La junta que asesoraría al Concejo a la hora de establecer las modificaciones pertinentes estaba integrada por el Ingeniero Municipal, dos representantes del Concejo, dos miembros asignados por la SMP y el personero. Tanto los gestores del proyecto como los miembros del Concejo eran conscientes de que si bien el plano intentaba garantizar las condiciones mínimas para la calidad de vida, al mismo tiempo suscitaba conflictos con los propietarios de los predios.

La adopción del plano como realidad obligó a valorar tres elementos que se presentaban en forma simultánea: lo existente como potencial de transformación, lo propuesto como abstracción y realidad del poder ser.
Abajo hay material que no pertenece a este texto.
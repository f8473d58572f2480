-- ===== src/Patching/Copies.antt =====
-- util/patch/utils.go: the copies of an object that a patch is made from. An unstructured object is
-- the list of its entries, in the order in which a loop goes through them.
use mathlib.Core.Option
use Prim.Native.Char.{code}
use addonconfig.Common.{
  String, Bool, ◌&&◌, ◌||◌, Option, none, some, List, [], ◌∷◌, ◌++◌, ◌==◌, eqb, is_some,
  if◌then◌else◌,
}

-- patchType
abbrev pub PatchType : Type 0
PatchType = String

abbrev pub spec_patch : PatchType
spec_patch = "spec"

abbrev pub status_patch : PatchType
status_patch = "status"

-- `Key`: the text before the first point.
unfoldable pub key : PatchType → String
key String.[] = String.[]
key (String.◌∷◌ c s) =
    let rest = String.◌∷◌ c (key s) in if eqb (code c) b'.' then String.[] else rest

unfoldable pub preserved : String → Bool
preserved name = name == "kind" || name == "apiVersion" || name == "metadata"

module _ (Json : Type 0) where
  abbrev pub Fields : Type 0
  Fields = List (String × Json)

  unfoldable pub find : Fields → String → Option Json
  find [] name = none
  find ((k, v) ∷ fields) name = if k == name then some v else find fields name

  unfoldable pub unstructured_has_status : Fields → Bool
  unfolding find
  unstructured_has_status fields = is_some (find fields "status")

  -- What the copy shares with the incoming object has changed there too.
  unfoldable pub left_behind : Fields → Fields → Fields
  unfolding find
  left_behind res [] = []
  left_behind res ((k, v) ∷ fields) = (k, Option.get_or (find res k) v) ∷ left_behind res fields

  module _ (without_field : Json → String → Json) where
    -- `RemoveNestedField` of "status" and "conditions".
    unfoldable pub remove_conditions : Fields → Fields
    remove_conditions [] = []
    remove_conditions ((k, v) ∷ fields) =
        (k, if k == "status" then without_field v "conditions" else v) ∷ remove_conditions fields

    unfoldable pub trimmed : PatchType → Bool → Fields → Fields
    unfolding remove_conditions
    trimmed focus is_conditions_setter res =
        if is_conditions_setter && focus == status_patch then remove_conditions res else res

    -- The loop over the entries; `res` is the copy so far.
    unfoldable pub copy_entries : PatchType → Bool → Fields → Fields → Fields
    unfolding trimmed key preserved
    copy_entries focus is_conditions_setter res [] = res
    copy_entries focus is_conditions_setter res ((k, v) ∷ rest) =
        copy_entries focus is_conditions_setter
          (trimmed focus is_conditions_setter
            (if k == key focus || preserved k then res ++ (k, v) ∷ [] else res))
          rest

    -- `unsafeUnstructuredCopy`: the copy, and the incoming object as it is afterwards.
    unfoldable pub unsafe_unstructured_copy : Fields → PatchType → Bool → Fields × Fields
    unfolding copy_entries left_behind
    unsafe_unstructured_copy fields focus is_conditions_setter =
        let res = copy_entries focus is_conditions_setter [] fields in (res, left_behind res fields)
Esta compleja tríada condicionaba los pilares que se habían erigido en 1890 como exigencias del momento: higiene, comodidad, ornato.

La atención prestada por Olano a la maqueta del Washington de L’Enfant, con sus claras perspectivas de ejes monumentales rodeados de parques y jardines, no dejó de ser una contemplación, pues solo podría entrever el proyecto de ensanche para Medellín traspasando los límites antiguos y desbordando hacia la periferia en busca de formas capaces de evidenciar la racionalización de la ciudad: la Gran Avenida Central que corre hasta el gran bosque, la Circunvalar que delimita una nueva periferia y congrega la ciudad alrededor de una nueva funcionalidad.

Es posible marcar la vigencia y efectos del Plano de Medellín Futuro como idea de la realización de intervenciones urbanas que cambiaron la faz del Medellín de una aldea a una nueva imagen de ciudad moderna.

La información de este artículo tiene como fuente la investigación Las Transformaciones de la Estructura Urbana de Medellín, La Colonia, El ensanche y el Plano Regulador presentada y aprobada para optar al título de Doctor Arquitecto de la Escuela Técnica Superior de Arquitectura de Madrid.